The modified release formulation of TriRima has major advantages over the version used in earlier studies. In addition to the excellent pharmacokinetic properties noted above, the dosing frequency has been reduced to one tablet two times daily.
"Just as the greater safety of the selective serotonin reuptake inhibitors once enabled millions of patients to benefit from their antidepressant potential, we believe that TriRima could unlock the superior antidepressant potential of the MAO inhibitor class," said Barry Brand, Chief Executive Officer of CeNeRx. "TriRima has the potential to be the first monotherapy approved for treatment resistant depression, and we look forward to initiating a Phase II trial in these patients before the end of the month."

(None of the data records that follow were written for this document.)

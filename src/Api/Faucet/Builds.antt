-- ===== src/Api/Faucet/Builds.antt =====
-- `handle_faucet` of src/main.rs in the two kinds of build, and next to `Account::can_claim_faucet` of
-- src/types.rs, which tests the same cooldown.
use hancoin.Prelude.{
  ℕ, ◌≤◌, ◌<◌, ◌≡◌, refl, ap, ◌∙◌, String, List, [], ◌∷◌, none, some, arith, if◌then◌else◌, ltb,
}
use hancoin.Machine.{Profile, u64_mod, Clock, add_u64, sub_u64-some, add_u64-some}
use hancoin.Account.{Account, claimable, too_frequent, can_claim_faucet, faucet_daily_limit}
use hancoin.Supply.{han_total_supply}
use hancoin.Ledger.{Stores, Ledger, new}
use hancoin.Api.{
  Outcome, reply, reject, panic, faucet_cooldown_not_over, total_supply_limit_reached,
}
use hancoin.Api.Faucet.{Grant, FaucetReply, find_or_create, decide, read_claim, write_claim, claim}
use hancoin.Api.Faucet.Money.{IsBacked}
use hancoin.Api.Faucet.Issue.{claim-IsBacked, new-IsBacked}
use hancoin.Api.Faucet.Answer.{last_claim_of, last_claim-find_or_create}
use hancoin.Api.Faucet.Spec.{Faucet, view, claim-draw}
use hancoin.Api.Faucet.Runs.{Asked, InOrder, draw-last, no_claim, claims}

module _ (S : Stores) where
  -- The test of the supply, which comes after the cooldown.
  abbrev pub with_supply : Profile → ℕ → Account → Outcome Grant
  with_supply profile issued account = elim (add_u64 profile issued faucet_daily_limit) [
    | none ↦ panic
    | some new_issued ↦
        if ltb han_total_supply new_issued
        then reject total_supply_limit_reached
        else reply (record { account = account; new_issued = new_issued })
  ]

  -- The faucet's own test of the cooldown is that of `can_claim_faucet` at the same reading of the
  -- clock: it panics where that does, and refuses a claim that has to wait; else the supply decides.
  pub decide-can_claim_faucet :
      (profile : Profile) (issued now : ℕ) (account : Account)
      → decide S profile issued now account ≡ (elim (can_claim_faucet profile account (some now)) [
        | none ↦ panic
        | some (too_frequent wait) ↦ reject faucet_cooldown_not_over
        | some claimable ↦ with_supply profile issued account
      ])
  unfolding decide can_claim_faucet
  decide-can_claim_faucet profile issued now account = ground arith

  decide-builds :
      (p q : Profile) (issued now : ℕ) (a : Account)
      → issued ≤ han_total_supply
      → a.last_claim ≤ now
      → now < u64_mod
      → decide S p issued now a ≡ decide S q issued now a
  unfolding decide
  decide-builds p q issued now a w h b = ground (
    arith,
    sub_u64-some p now a.last_claim h b,
    sub_u64-some q now a.last_claim h b,
    add_u64-some p issued faucet_daily_limit,
    add_u64-some q issued faucet_daily_limit,
  )

  -- What follows the reads of a claim.
  abbrev finished : String → ℕ → Outcome Grant × Ledger S → Outcome FaucetReply × Ledger S
  finished id now r = elim r.0 [
    | reply g ↦ let w = write_claim S r.1 id now g in (reply w.0, w.1)
    | reject e ↦ (reject e, r.1)
    | panic ↦ (panic, r.1)
  ]

  claim-builds :
      (p q : Profile) (l : Ledger S) (id : String) (now : ℕ) (created : Clock)
      → IsBacked S l
      → last_claim_of S l id ≤ now
      → now < u64_mod
      → claim S p l id now created ≡ claim S q l id now created
  unfolding claim read_claim
  claim-builds p q l id now created v h b =
      let a = (find_or_create S l id created).0 in
      let e =
        decide-builds p q l.issued now a v.within
          (omega (arith, last_claim-find_or_create S l id created)) b in
      ap (λ (o : Outcome Grant). finished id now (o, (find_or_create S l id created).1)) e

  claims-builds_from :
      (p q : Profile) (l : Ledger S) (t : ℕ) (cs : List Asked)
      → IsBacked S l
      → ((j : String) → last_claim_of S l j ≤ t)
      → InOrder t cs
      → claims S p l cs ≡ claims S q l cs
  unfolding claims
  claims-builds_from p q l t [] v h o = refl
  claims-builds_from p q l t (c ∷ cs) v h o =
      let k : Ledger S = (claim S p l c.id c.now c.created).1 in
      let one = claim-builds p q l c.id c.now c.created v (omega (arith, h c.id)) o.1 in
      let seen = claim-draw S p l c.id c.now c.created v (omega (arith, h c.id)) o.1 in
      let rest =
        claims-builds_from p q k c.now cs (claim-IsBacked S p l c.id c.now c.created v)
          (λ j. omega (
            arith,
            ap (λ (f : Faucet). f.last_claim j) seen.1,
            draw-last S p (view S l) c.id c.now (λ i. omega (arith, h i)) j,
          ))
          o.2 in
      ap
        (λ (r : List (Outcome FaucetReply) × Ledger S).
          ((claim S p l c.id c.now c.created).0 ∷ r.0, r.1))
        rest
      ∙ ap
          (λ (r : Outcome FaucetReply × Ledger S).
            (r.0 ∷ (claims S q r.1 cs).0, (claims S q r.1 cs).1))
          one

  -- From a new ledger, with a clock that does not go back, a debug build and a release build give the
  -- same answers to any claims and leave the same ledger: no sum and no difference overflows, so that
  -- neither build panics or wraps round.
  pub claims-builds :
      (cs : List Asked)
      → InOrder 0 cs
      → claims S Profile.debug (new S) cs ≡ claims S Profile.release (new S) cs
  claims-builds cs o =
      claims-builds_from Profile.debug Profile.release (new S) 0 cs (new-IsBacked S)
        (λ j. omega (arith, no_claim S Profile.debug j)) o
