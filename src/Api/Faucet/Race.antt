-- ===== src/Api/Faucet/Race.antt =====
-- Two claims of `handle_faucet` of src/main.rs at the same time: the second reads the ledger before
-- the first has written it. The handlers run as tasks on several threads, and nothing is locked
-- between the reads and the writes.
use hancoin.Prelude.{
  ℕ, ◌+◌, ◌*◌, ◌≤◌, ◌≡◌, refl, ap, ◌∙◌, String, true, false, List, arith, contains, Distinct, ◌==◌,
  eq_iff,
}
use hancoin.Machine.{Profile, Clock}
use hancoin.Account.{Account, faucet_daily_limit}
use hancoin.Supply.{han_total_supply}
use hancoin.Ledger.{Stores, Ledger}
use hancoin.Ledger.Balances.{sum_balances}
use hancoin.Api.{reply}
use hancoin.Api.Faucet.{Grant, find_or_create, read_claim, write_claim}
use hancoin.Api.Faucet.Money.{
  balance_of, IsBacked, SameMoney, balance_of-le, SameMoney-sums, IsBacked-same,
}
use hancoin.Api.Faucet.Issue.{find_or_create_lem, decide_lem, write_claim-IsCredited}

module _ (S : Stores) where
  pub read_claim_lem :
      (profile : Profile) (l : Ledger S) (id : String) (now : ℕ) (created : Clock) (g : Grant)
      → IsBacked S l
      → (read_claim S profile l id now created).0 ≡ reply g
      → SameMoney S l (read_claim S profile l id now created).1
        × (g.account.balance ≡ balance_of S l id)
        × (g.new_issued ≡ l.issued + faucet_daily_limit)
        × (l.issued + faucet_daily_limit ≤ han_total_supply)
  unfolding read_claim
  read_claim_lem profile l id now created g v e =
      let f = find_or_create_lem S l id created in
      let d = decide_lem S profile l.issued now (find_or_create S l id created).0 g v.within e in
      (f.0, ap (λ (a : Account). a.balance) d.0 ∙ f.1, d.1, d.2)

  -- The ledger after both claims were read, and then both were written.
  pub interleaved :
      Profile → Ledger S → (String × ℕ × Clock) → Grant → (String × ℕ × Clock) → Grant → Ledger S
  interleaved profile l (a, now_a, made_a) ga (b, now_b, made_b) gb =
      let m : Ledger S = (read_claim S profile l a now_a made_a).1 in
      let n : Ledger S = (read_claim S profile m b now_b made_b).1 in
      (write_claim S (write_claim S n a now_a ga).1 b now_b gb).1

  pub issued-write_claim :
      (l : Ledger S) (id : String) (now : ℕ) (g : Grant)
      → (write_claim S l id now g).1.issued ≡ g.new_issued
  unfolding write_claim
  issued-write_claim l id now g = refl

  -- Two accounts are paid, and one payment is counted. Every sum that both are in grows by twice the
  -- amount; so a ledger that has paid out all that it counts as issued is no longer backed.
  pub interleaved_loses_issue :
      (profile : Profile) (l : Ledger S) (a b : String) (now_a now_b : ℕ) (made_a made_b : Clock)
      (ga gb : Grant)
      → IsBacked S l
      → (a == b) ≡ false
      → (read_claim S profile l a now_a made_a).0 ≡ reply ga
      → (read_claim S profile (read_claim S profile l a now_a made_a).1 b now_b made_b).0 ≡ reply gb
      → let k = interleaved profile l (a, now_a, made_a) ga (b, now_b, made_b) gb in
        (k.issued ≡ l.issued + faucet_daily_limit)
        × (balance_of S k a ≡ balance_of S l a + faucet_daily_limit)
        × (balance_of S k b ≡ balance_of S l b + faucet_daily_limit)
        × ((ids : List String)
            → Distinct ids
            → contains ids a ≡ true
            → contains ids b ≡ true
            → (sum_balances S.accounts k.accounts ids
                ≡ sum_balances S.accounts l.accounts ids + 2 * faucet_daily_limit)
              × (sum_balances S.accounts l.accounts ids ≡ l.issued → ¬ IsBacked S k))
  unfolding interleaved
  interleaved_loses_issue profile l a b now_a now_b made_a made_b ga gb v ne ra rb =
      let m : Ledger S = (read_claim S profile l a now_a made_a).1 in
      let n : Ledger S = (read_claim S profile m b now_b made_b).1 in
      let x = read_claim_lem profile l a now_a made_a ga v ra in
      let y = read_claim_lem profile m b now_b made_b gb (IsBacked-same S l m x.0 v) rb in
      let wa =
        write_claim-IsCredited S n a now_a ga (omega (arith, x.1, x.0.balances a, y.0.balances a))
          (omega (arith, x.3, balance_of-le S l a v, x.0.balances a, y.0.balances a)) in
      let p : Ledger S = (write_claim S n a now_a ga).1 in
      let wb =
        write_claim-IsCredited S p b now_b gb (omega (arith, y.1, y.0.balances b, wa.1.others b ne))
          (omega (
            arith,
            x.3,
            balance_of-le S l b v,
            x.0.balances b,
            y.0.balances b,
            wa.1.others b ne,
          )) in
      let k : Ledger S = (write_claim S p b now_b gb).1 in
      let count : k.issued ≡ l.issued + faucet_daily_limit =
        omega (arith, issued-write_claim p b now_b gb, y.2, x.0.issued) in
      let ne' : (b == a) ≡ false = ground (arith, eq_iff a b, eq_iff b a) in
      let sum =
        λ (ids : List String) (d : Distinct ids) (ia : contains ids a ≡ true)
            (ib : contains ids b ≡ true).
          let e : sum_balances S.accounts k.accounts ids
              ≡ sum_balances S.accounts l.accounts ids + 2 * faucet_daily_limit =
            ground (
              arith,
              wa.1.sums ids d,
              wb.1.sums ids d,
              SameMoney-sums S m n ids y.0,
              SameMoney-sums S l m ids x.0,
            ) in
          e in
      (
        count,
        omega (arith, wb.1.others a ne', wa.1.balance, x.0.balances a, y.0.balances a),
        omega (arith, wb.1.balance, wa.1.others b ne, x.0.balances b, y.0.balances b),
        (λ ids d ia ib.
            (sum ids d ia ib, (λ full w. omega (arith, sum ids d ia ib, w.backed ids d, count)))),
      )
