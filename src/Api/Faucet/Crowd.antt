-- ===== src/Api/Faucet/Crowd.antt =====
-- Any number of claims of `handle_faucet` of src/main.rs at once: all of them read the ledger before
-- one has written it.
use hancoin.Prelude.{
  ℕ, ◌+◌, ◌*◌, ◌≤◌, ◌<◌, ◌≡◌, refl, ◌∙◌, String, false, List, [], ◌∷◌, arith, length, All, contains,
  Distinct, ◌==◌, eq_iff,
}
use hancoin.Machine.{Profile}
use hancoin.Account.{faucet_daily_limit}
use hancoin.Supply.{han_total_supply}
use hancoin.Ledger.{Stores, Ledger}
use hancoin.Ledger.Balances.{sum_balances, balance_at-insert_ne}
use hancoin.Api.{reply}
use hancoin.Api.Faucet.{Grant, read_claim, write_claim}
use hancoin.Api.Faucet.Issue.{write_claim-IsCredited}
use hancoin.Api.Faucet.Money.{balance_of, IsBacked, SameMoney, balance_of-le, IsBacked-same}
use hancoin.Api.Faucet.Race.{read_claim_lem, issued-write_claim}
use hancoin.Api.Faucet.Runs.{Asked}

-- A claim with the grant that it is read with.
pub record Granted : Type 0 where
  pub asked : Asked
  pub grant : Grant

abbrev pub ids : List Granted → List String
ids [] = []
ids (c ∷ cs) = c.asked.id ∷ ids cs

module _ (S : Stores) where
  abbrev pub write_one : Ledger S → Granted → Ledger S
  write_one l c = (write_claim S l c.asked.id c.asked.now c.grant).1

  unfoldable pub writes : Ledger S → List Granted → Ledger S
  writes l [] = l
  writes l (c ∷ cs) = writes (write_one l c) cs

  -- A grant on the money of a ledger.
  abbrev Fits : Ledger S → Granted → Type 0
  Fits l c =
      (c.grant.account.balance ≡ balance_of S l c.asked.id)
      × (c.grant.new_issued ≡ l.issued + faucet_daily_limit)
      × (l.issued + faucet_daily_limit ≤ han_total_supply)

  All-Fits-same :
      (l m : Ledger S) (cs : List Granted) → SameMoney S l m → All (Fits m) cs → All (Fits l) cs
  All-Fits-same l m [] s h = tt
  All-Fits-same l m (c ∷ cs) s h = (
    (
      omega (arith, h.0.0, s.balances c.asked.id),
      omega (arith, h.0.1, s.issued),
      omega (arith, h.0.2, s.issued),
    ),
    All-Fits-same l m cs s h.1,
  )

  SameMoney-trans : (l m k : Ledger S) → SameMoney S l m → SameMoney S m k → SameMoney S l k
  SameMoney-trans l m k s t = record {
    issued = t.issued ∙ s.issued;
    balances = λ id. t.balances id ∙ s.balances id;
  }

  write_one-ne :
      (m : Ledger S) (c : Granted) (id : String)
      → (c.asked.id == id) ≡ false
      → balance_of S (write_one m c) id ≡ balance_of S m id
  unfolding write_claim
  write_one-ne m c id e = balance_at-insert_ne S.accounts m.accounts c.asked.id id _ e

  -- The writes of other claims do not touch an account.
  writes-ne :
      (m : Ledger S) (cs : List Granted) (id : String)
      → contains (ids cs) id ≡ false
      → balance_of S (writes m cs) id ≡ balance_of S m id
  unfolding writes
  writes-ne m [] id n = refl
  writes-ne m (c ∷ cs) id n =
      let one = write_one-ne m c id (ground arith) in
      writes-ne (write_one m c) cs id (ground arith) ∙ one

  -- What the accounts of claims hold in a ledger: as much more than in another.
  abbrev pub AllHold : ℕ → Ledger S → Ledger S → List Granted → Type 0
  AllHold n l k [] = Unit
  AllHold n l k (c ∷ cs) =
      (balance_of S k c.asked.id ≡ balance_of S l c.asked.id + n) × AllHold n l k cs

  AllHold-write_one :
      (l m : Ledger S) (c : Granted) (cs : List Granted)
      → contains (ids cs) c.asked.id ≡ false
      → AllHold 0 l m cs
      → AllHold 0 l (write_one m c) cs
  AllHold-write_one l m c [] n h = tt
  AllHold-write_one l m c (d ∷ cs) n h = (
    omega (
      arith,
      h.0,
      write_one-ne m c d.asked.id
          (ground (arith, eq_iff c.asked.id d.asked.id, eq_iff d.asked.id c.asked.id)),
    ),
    AllHold-write_one l m c cs (ground arith) h.1,
  )

  -- Different accounts that stand as they were read are all paid.
  writes-AllHold :
      (l m : Ledger S) (cs : List Granted)
      → IsBacked S l
      → All (Fits l) cs
      → Distinct (ids cs)
      → AllHold 0 l m cs
      → AllHold faucet_daily_limit l (writes m cs) cs
  unfolding writes
  writes-AllHold l m [] v f d h = tt
  writes-AllHold l m (c ∷ cs) v f d h =
      let k : Ledger S = write_one m c in
      let w =
        write_claim-IsCredited S m c.asked.id c.asked.now c.grant (omega (arith, f.0.0, h.0))
          (omega (arith, f.0.2, h.0, balance_of-le S l c.asked.id v)) in
      (
        omega (arith, writes-ne k cs c.asked.id d.0, w.1.balance, h.0),
        writes-AllHold l k cs v f.1 d.1 (AllHold-write_one l m c cs d.0 h.1),
      )

  AllHold-sum :
      (n : ℕ) (l k : Ledger S) (cs : List Granted)
      → AllHold n l k cs
      → sum_balances S.accounts k.accounts (ids cs)
        ≡ sum_balances S.accounts l.accounts (ids cs) + length cs * n
  unfolding sum_balances
  AllHold-sum n l k [] h = omega arith
  AllHold-sum n l k (c ∷ cs) h = grind (arith, AllHold-sum n l k cs h.1)

  writes-issued :
      (l m : Ledger S) (c : Granted) (cs : List Granted)
      → All (Fits l) (c ∷ cs)
      → (writes m (c ∷ cs)).issued ≡ l.issued + faucet_daily_limit
  unfolding writes
  writes-issued l m c [] f = issued-write_claim S m c.asked.id c.asked.now c.grant ∙ f.0.1
  writes-issued l m c (d ∷ cs) f = writes-issued l (write_one m c) d cs f.1

  SameMoney-AllHold : (l m : Ledger S) (cs : List Granted) → SameMoney S l m → AllHold 0 l m cs
  SameMoney-AllHold l m [] s = tt
  SameMoney-AllHold l m (c ∷ cs) s =
      (omega (arith, s.balances c.asked.id), SameMoney-AllHold l m cs s)

  module _ (profile : Profile) where
    abbrev pub read_one : Ledger S → Granted → Ledger S
    read_one l c = (read_claim S profile l c.asked.id c.asked.now c.asked.created).1

    unfoldable pub reads : Ledger S → List Granted → Ledger S
    reads l [] = l
    reads l (c ∷ cs) = reads (read_one l c) cs

    -- Each read, after those before it, grants the claim.
    abbrev pub AllGranted : Ledger S → List Granted → Type 0
    AllGranted l [] = Unit
    AllGranted l (c ∷ cs) =
        ((read_claim S profile l c.asked.id c.asked.now c.asked.created).0 ≡ reply c.grant)
        × AllGranted (read_one l c) cs

    -- The reads change no balance and no count, and each grants a claim on the money of the start.
    reads_lem :
        (l : Ledger S) (cs : List Granted)
        → IsBacked S l
        → AllGranted l cs
        → SameMoney S l (reads l cs) × All (Fits l) cs
    unfolding reads
    reads_lem l [] v g = (record { issued = refl; balances = λ id. refl }, tt)
    reads_lem l (c ∷ cs) v g =
        let m : Ledger S = read_one l c in
        let r = read_claim_lem S profile l c.asked.id c.asked.now c.asked.created c.grant v g.0 in
        let h = reads_lem m cs (IsBacked-same S l m r.0 v) g.1 in
        (SameMoney-trans l m _ r.0 h.0, ((r.1, r.2, r.3), All-Fits-same l m cs r.0 h.1))

    -- However many claims for different accounts are granted on reads that all come before the writes,
    -- every account is paid, so that together they hold the day's amount more for each of them; and one
    -- payment is counted. So a ledger whose coins these accounts hold in full is not backed any more,
    -- if they are two or more.
    pub crowd_loses_issue :
        (l : Ledger S) (c : Granted) (cs : List Granted)
        → IsBacked S l
        → Distinct (ids (c ∷ cs))
        → AllGranted l (c ∷ cs)
        → let k = writes (reads l (c ∷ cs)) (c ∷ cs) in
          (k.issued ≡ l.issued + faucet_daily_limit)
          × AllHold faucet_daily_limit l k (c ∷ cs)
          × (sum_balances S.accounts k.accounts (ids (c ∷ cs))
              ≡ sum_balances S.accounts l.accounts (ids (c ∷ cs))
                + length (c ∷ cs) * faucet_daily_limit)
          × (sum_balances S.accounts l.accounts (ids (c ∷ cs)) ≡ l.issued
              → 1 < length (c ∷ cs)
              → ¬ IsBacked S k)
    crowd_loses_issue l c cs v d g =
        let all = c ∷ cs in
        let m : Ledger S = reads l all in
        let k : Ledger S = writes m all in
        let r = reads_lem l all v g in
        let paid = writes-AllHold l m all v r.1 d (SameMoney-AllHold l m all r.0) in
        let count = writes-issued l m c cs r.1 in
        let sum = AllHold-sum faucet_daily_limit l k all paid in
        (count, paid, sum, (λ full many b. omega (arith, count, sum, b.backed (ids all) d)))
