-- ===== src/Api/Faucet/Drain.antt =====
-- How `handle_faucet` of src/main.rs gives out the supply, to its end.
use hancoin.Prelude.{
  take, ℕ, zero, suc, ◌+◌, ◌*◌, ◌-◌, ◌≤◌, ◌≡◌, refl, ap, ◌∙◌, String, List, [], ◌∷◌, ◌++◌, arith,
  length, replicate, ltb, eq_iff, if◌then◌else◌,
}
use hancoin.Machine.{Profile}
use hancoin.Account.{faucet_cooldown, faucet_daily_limit}
use hancoin.Supply.{han_total_supply}
use hancoin.Ledger.{Stores, new}
use hancoin.Api.{Outcome, reply, reject, total_supply_limit_reached}
use hancoin.Api.Faucet.{FaucetReply}
use hancoin.Api.Faucet.Money.{balance_of}
use hancoin.Api.Faucet.Spec.{Faucet, draw, paid, set_at}
use hancoin.Api.Faucet.Runs.{Asked, InOrder, untouched, draws, claims, claims-new}
use hancoin.Api.Faucet.Daily.{IsPatient, IsAllPaid, times, draw-paid}

-- The payments that the supply has coins for.
abbrev pub payments : ℕ
payments = 10000000

abbrev pub least_of : ℕ → ℕ → ℕ
least_of a b = if ltb a b then a else b

abbrev pub refused : Outcome FaucetReply
refused = reject total_supply_limit_reached

-- What claims get where there are coins left for some payments: the first of them are paid, and the
-- others are refused.
pub record IsDrained (left : ℕ) (cs : List Asked) (answers : List (Outcome FaucetReply))
    : Type 0 where
  pub paid : List (Outcome FaucetReply)
  pub split : answers ≡ paid ++ replicate (length cs - left) refused
  pub all_paid : IsAllPaid paid
  pub count : length paid ≡ least_of (length cs) left

record Drains (f : Faucet) (left : ℕ) (cs : List Asked) : Type 0 where
  answers : IsDrained left cs (draws f cs).0
  issued : (draws f cs).1.issued ≡ f.issued + least_of (length cs) left * faucet_daily_limit
  balances :
      (id : String)
      → (draws f cs).1.balance id ≡ f.balance id + times id (take left cs) * faucet_daily_limit

draw-refused :
    (f : Faucet) (id : String) (now : ℕ)
    → f.last_claim id + faucet_cooldown ≤ now
    → f.issued ≡ han_total_supply
    → draw f id now ≡ (refused, f)
draw-refused f id now h b = ground arith

-- With no coins left, everybody is refused, and nothing changes.
draws-refused :
    (f : Faucet) (last : String → ℕ) (cs : List Asked)
    → ((id : String) → f.last_claim id ≤ last id)
    → IsPatient last cs
    → f.issued ≡ han_total_supply
    → draws f cs ≡ (replicate (length cs) refused, f)
unfolding draws
draws-refused f last [] h p e = refl
draws-refused f last (c ∷ cs) h p e =
    let d = draw-refused f c.id c.now (omega (arith, h c.id)) e in
    let rest =
      draws-refused f (set_at last c.id c.now) cs (λ j. ground (arith, h j, h c.id, eq_iff c.id j))
        p.1 e in
    rw (d, draws) (rw rest refl)

none_over : (left : ℕ) → 0 ≡ 0 - suc left
none_over left = omega arith

suc-sub-suc : (n m : ℕ) → suc n - suc m ≡ n - m
suc-sub-suc n m = omega arith

abbrev payment : Faucet → String → Outcome FaucetReply
payment f id =
    reply (record { balance = f.balance id + faucet_daily_limit; issued = faucet_daily_limit })

draws-Drains :
    (f : Faucet) (left : ℕ) (cs : List Asked)
    → IsPatient f.last_claim cs
    → f.issued + left * faucet_daily_limit ≡ han_total_supply
    → Drains f left cs
unfolding draws
draws-Drains f zero cs p e =
    let d = draws-refused f f.last_claim cs (λ id. omega arith) p (omega arith) in
    record {
      answers = record {
        paid = [];
        split = rw d (ap (λ n. replicate n refused) (omega arith));
        all_paid = tt;
        count = ground arith;
      };
      issued = rw d (ground arith);
      balances = λ id. rw d (ground arith);
    }
draws-Drains f (suc left) [] p e = record {
  answers = record {
    paid = [];
    split = ap (λ n. replicate n refused) (none_over left);
    all_paid = tt;
    count = ground arith;
  };
  issued = ground arith;
  balances = λ id. ground arith;
}
draws-Drains f (suc left) (c ∷ cs) p e =
    let d = draw-paid f c.id c.now p.0 (omega arith) in
    let rest = draws-Drains (paid f c.id c.now) left cs p.1 (omega arith) in
    record {
      answers = record {
        paid = payment f c.id ∷ rest.answers.paid;
        split = rw (d, suc-sub-suc (length cs) left) (ap (◌∷◌ (payment f c.id)) rest.answers.split);
        all_paid = rest.answers.all_paid;
        count = ground (arith, rest.answers.count);
      };
      issued = rw d (ground (arith, rest.issued));
      balances = λ id. rw d (ground (arith, rest.balances id, eq_iff c.id id));
    }

module _ (S : Stores) (profile : Profile) where
  -- From a new ledger, with a clock that does not go back, any claims, each a day or more after the
  -- last claim of its account and after the epoch: the first ten million are paid, or all if they are
  -- fewer, and the others are refused for the limit of the supply. Then the day's amount is issued for
  -- each payment, and each account has it for each of its own.
  pub claims_drain :
      (cs : List Asked)
      → InOrder 0 cs
      → IsPatient (λ id. 0) cs
      → IsDrained payments cs (claims S profile (new S) cs).0
        × ((claims S profile (new S) cs).1.issued
            ≡ least_of (length cs) payments * faucet_daily_limit)
        × ((id : String)
            → balance_of S (claims S profile (new S) cs).1 id
              ≡ times id (take payments cs) * faucet_daily_limit)
  claims_drain cs o p =
      let n = claims-new S profile cs o in
      let d = draws-Drains untouched payments cs p (omega arith) in
      (
        record {
          paid = d.answers.paid;
          split = n.0 ∙ d.answers.split;
          all_paid = d.answers.all_paid;
          count = d.answers.count;
        },
        ap (λ (f : Faucet). f.issued) n.1 ∙ d.issued ∙ omega arith,
        (λ id. ap (λ (f : Faucet). f.balance id) n.1 ∙ d.balances id ∙ omega arith),
      )
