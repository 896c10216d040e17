-- ===== src/Api/Faucet/Locked.antt =====
-- Nobody passes the first checks of `handle_faucet` of src/main.rs: an identifier has 32 to 44
-- characters by its pattern, and would need 64 to be the hexadecimal text of a key.
use hancoin.Prelude.{
  ℕ, ◌≤◌, ◌≡◌, String, List, true, false, some, arith, length, Option-cases, Bool-cases, nat_eq,
  inl, inr,
}
use hancoin.Machine.{Profile, Clock}
use hancoin.Account.{codes, is_valid_account_id}
use hancoin.Ledger.{Stores, Ledger}
use hancoin.Api.{Outcome, reply, reject, panic, Json, Crypto, TwoDigits, get_str}
use hancoin.Api.Faucet.{authenticate, handle_faucet}

length-valid_account_id :
    (s : String) → is_valid_account_id s ≡ true → (32 ≤ length (codes s)) × (length (codes s) ≤ 44)
unfolding is_valid_account_id
length-valid_account_id s h = ground arith

-- An answer that is not a reply.
abbrev pub Refused {ℓ} : {A : Type ℓ} → Outcome A → Type 0
Refused (reply a) = ⊥
Refused (reject e) = Unit
Refused panic = Unit

module _ (js : Json) (C : Crypto) (two : TwoDigits C) where
  not_32 :
      (s : String) (bytes : List ℕ)
      → is_valid_account_id s ≡ true
      → C.decode s ≡ some bytes
      → nat_eq (length bytes) 32 ≡ false
  not_32 s bytes valid e = ground (arith, two s bytes e, length-valid_account_id s valid)

  authenticate-Refused : (req : js.Value) → Refused (authenticate js C req)
  unfolding authenticate
  authenticate-Refused req = elim (Option-cases (get_str js req "account_id")) [
    | inl e ↦ rw e tt
    | inr (id, e) ↦ rw e (elim (Option-cases (get_str js req "signature")) [
      | inl f ↦ rw f tt
      | inr (sig, f) ↦ rw f (elim (Bool-cases (is_valid_account_id id)) [
        | inr bad ↦ rw bad tt
        | inl valid ↦ rw valid (elim (Option-cases (C.decode id)) [
          | inl g ↦ rw g tt
          | inr (bytes, g) ↦ rw (g, not_32 id bytes valid g) tt
        ])
      ])
    ])
  ]

  -- Whatever the request, the clock and the ledger: the faucet pays nobody and changes nothing.
  pub handle_faucet-Refused :
      (S : Stores) (profile : Profile) (req : js.Value) (clock created : Clock) (l : Ledger S)
      → Refused (handle_faucet S js C profile req clock created l).0
        × ((handle_faucet S js C profile req clock created l).1 ≡ l)
  unfolding handle_faucet
  handle_faucet-Refused S profile req clock created l = ground (arith, authenticate-Refused req)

TriRima has been selected as one of Windhover's 2011 "Top 10 Neuroscience Projects to Watch," and CeNeRx has been chosen to present at Windhover's Therapeutic Area Partnerships meeting, which will be held November 2-4, 2010 at the Westin Copley Place in Boston, MA. CeNeRx will present at 4:30 PM on November 2 and at 11:15 AM on November 3, 2010. More information on the meeting can be found at www.tapartnerships.com.